_Task goal:_ Take the data below and extract the lines from the one with "abbrev pub is_recent : ℕ → ℕ → Bool" to the one with "else some (set_attempts", inclusive, exactly as written.

_Data for analysis:_
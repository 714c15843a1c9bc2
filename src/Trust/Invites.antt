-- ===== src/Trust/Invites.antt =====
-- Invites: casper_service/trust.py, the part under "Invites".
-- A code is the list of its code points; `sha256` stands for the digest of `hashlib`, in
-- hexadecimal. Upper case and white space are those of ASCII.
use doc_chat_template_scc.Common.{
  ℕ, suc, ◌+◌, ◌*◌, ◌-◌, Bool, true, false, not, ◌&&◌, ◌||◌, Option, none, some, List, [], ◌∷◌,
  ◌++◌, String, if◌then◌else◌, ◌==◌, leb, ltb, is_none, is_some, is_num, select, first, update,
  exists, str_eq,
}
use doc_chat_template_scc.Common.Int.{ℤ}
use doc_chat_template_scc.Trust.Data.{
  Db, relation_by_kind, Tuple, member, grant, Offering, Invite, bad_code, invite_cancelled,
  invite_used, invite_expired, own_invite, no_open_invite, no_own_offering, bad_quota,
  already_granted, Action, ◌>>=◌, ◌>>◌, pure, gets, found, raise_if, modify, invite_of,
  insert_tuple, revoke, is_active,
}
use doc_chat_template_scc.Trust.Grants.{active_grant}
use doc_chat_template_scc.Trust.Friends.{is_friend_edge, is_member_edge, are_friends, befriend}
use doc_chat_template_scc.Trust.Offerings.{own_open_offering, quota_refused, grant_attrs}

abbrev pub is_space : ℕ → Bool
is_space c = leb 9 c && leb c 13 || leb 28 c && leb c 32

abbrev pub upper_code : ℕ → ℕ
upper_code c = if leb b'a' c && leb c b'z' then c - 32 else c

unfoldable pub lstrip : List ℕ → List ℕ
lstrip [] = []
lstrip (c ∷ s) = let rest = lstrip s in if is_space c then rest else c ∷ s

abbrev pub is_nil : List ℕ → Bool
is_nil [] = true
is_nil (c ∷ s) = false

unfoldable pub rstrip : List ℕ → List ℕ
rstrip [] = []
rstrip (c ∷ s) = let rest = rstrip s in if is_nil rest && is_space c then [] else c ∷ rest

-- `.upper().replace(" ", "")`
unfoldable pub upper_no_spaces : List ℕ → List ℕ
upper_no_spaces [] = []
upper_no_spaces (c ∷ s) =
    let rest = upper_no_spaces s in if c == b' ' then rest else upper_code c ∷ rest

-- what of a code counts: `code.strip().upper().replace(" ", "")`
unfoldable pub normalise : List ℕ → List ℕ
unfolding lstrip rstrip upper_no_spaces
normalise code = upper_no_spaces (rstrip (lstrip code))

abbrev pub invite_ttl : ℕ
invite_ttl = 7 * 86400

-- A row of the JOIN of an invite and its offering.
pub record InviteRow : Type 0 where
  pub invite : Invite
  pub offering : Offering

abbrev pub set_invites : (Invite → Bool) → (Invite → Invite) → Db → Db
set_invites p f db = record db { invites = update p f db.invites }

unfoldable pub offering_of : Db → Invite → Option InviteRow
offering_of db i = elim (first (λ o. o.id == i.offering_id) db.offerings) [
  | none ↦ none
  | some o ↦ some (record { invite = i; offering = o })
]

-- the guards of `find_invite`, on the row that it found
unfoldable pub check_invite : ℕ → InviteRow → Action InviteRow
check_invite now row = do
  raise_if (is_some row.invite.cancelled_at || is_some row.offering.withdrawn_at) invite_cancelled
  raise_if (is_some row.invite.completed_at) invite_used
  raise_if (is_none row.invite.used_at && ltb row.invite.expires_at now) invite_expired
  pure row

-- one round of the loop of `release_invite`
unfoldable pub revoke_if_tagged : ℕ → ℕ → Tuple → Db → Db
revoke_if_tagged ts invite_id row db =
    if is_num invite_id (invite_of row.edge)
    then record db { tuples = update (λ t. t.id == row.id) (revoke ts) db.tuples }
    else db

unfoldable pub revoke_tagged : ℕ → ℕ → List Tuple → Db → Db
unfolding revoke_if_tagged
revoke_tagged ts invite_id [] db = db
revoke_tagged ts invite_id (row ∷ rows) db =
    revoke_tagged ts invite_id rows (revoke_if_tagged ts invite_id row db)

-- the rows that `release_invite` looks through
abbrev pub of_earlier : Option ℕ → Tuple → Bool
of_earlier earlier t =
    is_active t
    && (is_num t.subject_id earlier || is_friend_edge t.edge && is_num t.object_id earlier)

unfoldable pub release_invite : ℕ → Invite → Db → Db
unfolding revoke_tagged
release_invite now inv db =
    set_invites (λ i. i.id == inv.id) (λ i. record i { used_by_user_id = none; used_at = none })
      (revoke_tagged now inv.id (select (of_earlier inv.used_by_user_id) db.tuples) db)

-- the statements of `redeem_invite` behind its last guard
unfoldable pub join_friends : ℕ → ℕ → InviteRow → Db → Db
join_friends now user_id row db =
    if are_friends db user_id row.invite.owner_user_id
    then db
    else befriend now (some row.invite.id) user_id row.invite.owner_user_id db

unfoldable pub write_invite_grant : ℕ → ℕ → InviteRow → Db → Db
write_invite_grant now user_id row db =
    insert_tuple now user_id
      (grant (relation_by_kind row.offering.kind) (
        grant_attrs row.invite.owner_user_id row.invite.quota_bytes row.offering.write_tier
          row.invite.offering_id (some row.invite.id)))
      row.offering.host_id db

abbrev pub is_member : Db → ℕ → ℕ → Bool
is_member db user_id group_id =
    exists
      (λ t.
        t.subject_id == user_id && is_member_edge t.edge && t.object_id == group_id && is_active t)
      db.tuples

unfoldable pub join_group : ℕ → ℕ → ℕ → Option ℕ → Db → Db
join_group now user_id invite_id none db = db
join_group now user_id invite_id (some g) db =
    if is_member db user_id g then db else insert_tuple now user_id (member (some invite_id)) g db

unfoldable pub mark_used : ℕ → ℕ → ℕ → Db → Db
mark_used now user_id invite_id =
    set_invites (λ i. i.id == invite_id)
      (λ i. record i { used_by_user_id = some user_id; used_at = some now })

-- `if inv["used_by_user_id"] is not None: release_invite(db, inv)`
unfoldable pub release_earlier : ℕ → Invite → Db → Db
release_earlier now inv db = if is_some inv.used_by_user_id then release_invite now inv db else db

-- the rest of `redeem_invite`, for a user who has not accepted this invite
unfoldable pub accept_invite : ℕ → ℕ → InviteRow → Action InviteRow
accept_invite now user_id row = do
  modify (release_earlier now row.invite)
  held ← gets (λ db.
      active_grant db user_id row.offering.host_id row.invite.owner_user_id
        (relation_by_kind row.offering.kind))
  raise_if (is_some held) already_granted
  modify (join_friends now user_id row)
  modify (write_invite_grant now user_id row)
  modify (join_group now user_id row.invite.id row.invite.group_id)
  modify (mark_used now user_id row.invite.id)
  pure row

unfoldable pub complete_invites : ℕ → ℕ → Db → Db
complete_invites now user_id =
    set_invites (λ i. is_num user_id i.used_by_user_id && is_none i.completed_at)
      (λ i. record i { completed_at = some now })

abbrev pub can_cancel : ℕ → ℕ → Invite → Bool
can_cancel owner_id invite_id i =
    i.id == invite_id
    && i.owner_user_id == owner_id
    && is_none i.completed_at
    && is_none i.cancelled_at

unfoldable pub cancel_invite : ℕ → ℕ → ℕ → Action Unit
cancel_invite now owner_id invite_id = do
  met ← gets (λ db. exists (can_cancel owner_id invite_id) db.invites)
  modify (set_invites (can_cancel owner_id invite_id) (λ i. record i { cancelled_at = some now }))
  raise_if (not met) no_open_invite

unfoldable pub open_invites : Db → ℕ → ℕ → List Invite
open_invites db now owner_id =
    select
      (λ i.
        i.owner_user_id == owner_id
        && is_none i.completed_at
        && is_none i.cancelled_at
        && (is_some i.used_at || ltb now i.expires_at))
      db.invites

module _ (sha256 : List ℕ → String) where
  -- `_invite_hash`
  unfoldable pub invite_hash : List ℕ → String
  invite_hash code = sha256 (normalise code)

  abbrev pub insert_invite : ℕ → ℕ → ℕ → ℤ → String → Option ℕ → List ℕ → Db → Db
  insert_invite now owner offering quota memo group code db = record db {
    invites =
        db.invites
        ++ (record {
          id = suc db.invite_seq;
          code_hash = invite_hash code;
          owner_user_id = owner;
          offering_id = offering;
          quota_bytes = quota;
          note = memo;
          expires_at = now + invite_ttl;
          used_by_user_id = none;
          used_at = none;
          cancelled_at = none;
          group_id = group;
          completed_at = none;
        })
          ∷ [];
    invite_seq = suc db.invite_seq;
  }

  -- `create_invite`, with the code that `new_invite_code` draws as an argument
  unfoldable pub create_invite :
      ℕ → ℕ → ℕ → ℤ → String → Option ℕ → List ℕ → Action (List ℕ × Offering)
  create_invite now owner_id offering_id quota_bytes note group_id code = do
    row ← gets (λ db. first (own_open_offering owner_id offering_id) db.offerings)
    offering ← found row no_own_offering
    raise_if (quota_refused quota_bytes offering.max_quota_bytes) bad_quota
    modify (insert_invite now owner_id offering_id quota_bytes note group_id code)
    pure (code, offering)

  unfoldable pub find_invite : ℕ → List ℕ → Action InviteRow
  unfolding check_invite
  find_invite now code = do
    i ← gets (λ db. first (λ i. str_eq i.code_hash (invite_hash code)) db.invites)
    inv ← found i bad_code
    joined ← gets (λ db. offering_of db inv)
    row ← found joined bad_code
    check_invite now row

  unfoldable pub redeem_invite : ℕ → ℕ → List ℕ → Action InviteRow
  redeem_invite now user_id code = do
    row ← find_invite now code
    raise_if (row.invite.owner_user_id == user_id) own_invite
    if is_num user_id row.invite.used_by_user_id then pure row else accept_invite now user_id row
* * *
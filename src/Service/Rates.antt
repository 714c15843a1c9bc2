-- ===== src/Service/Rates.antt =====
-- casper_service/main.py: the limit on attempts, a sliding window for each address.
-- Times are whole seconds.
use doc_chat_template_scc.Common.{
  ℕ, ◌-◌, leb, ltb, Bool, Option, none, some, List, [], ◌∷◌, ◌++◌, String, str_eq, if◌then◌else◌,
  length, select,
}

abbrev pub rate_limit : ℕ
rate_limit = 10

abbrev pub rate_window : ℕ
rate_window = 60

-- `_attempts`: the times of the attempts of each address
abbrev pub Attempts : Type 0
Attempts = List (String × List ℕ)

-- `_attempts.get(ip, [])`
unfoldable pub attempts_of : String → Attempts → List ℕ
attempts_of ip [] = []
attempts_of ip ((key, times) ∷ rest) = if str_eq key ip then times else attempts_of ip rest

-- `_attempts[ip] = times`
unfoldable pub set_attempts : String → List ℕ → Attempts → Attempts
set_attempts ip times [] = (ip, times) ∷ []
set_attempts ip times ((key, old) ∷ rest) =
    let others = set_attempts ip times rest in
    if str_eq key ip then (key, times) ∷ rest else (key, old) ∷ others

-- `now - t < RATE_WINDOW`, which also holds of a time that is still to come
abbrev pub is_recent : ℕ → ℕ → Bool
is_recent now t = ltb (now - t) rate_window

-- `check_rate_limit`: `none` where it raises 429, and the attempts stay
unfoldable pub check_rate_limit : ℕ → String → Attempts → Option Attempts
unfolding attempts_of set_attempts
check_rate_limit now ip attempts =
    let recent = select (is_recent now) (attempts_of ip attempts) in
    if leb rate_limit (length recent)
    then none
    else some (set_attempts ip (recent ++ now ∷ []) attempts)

_Answer box:_
abbrev pub is_recent : ℕ → ℕ → Bool
is_recent now t = ltb (now - t) rate_window

-- `check_rate_limit`: `none` where it raises 429, and the attempts stay
unfoldable pub check_rate_limit : ℕ → String → Attempts → Option Attempts
unfolding attempts_of set_attempts
check_rate_limit now ip attempts =
    let recent = select (is_recent now) (attempts_of ip attempts) in
    if leb rate_limit (length recent)
    then none
    else some (set_attempts ip (recent ++ now ∷ []) attempts)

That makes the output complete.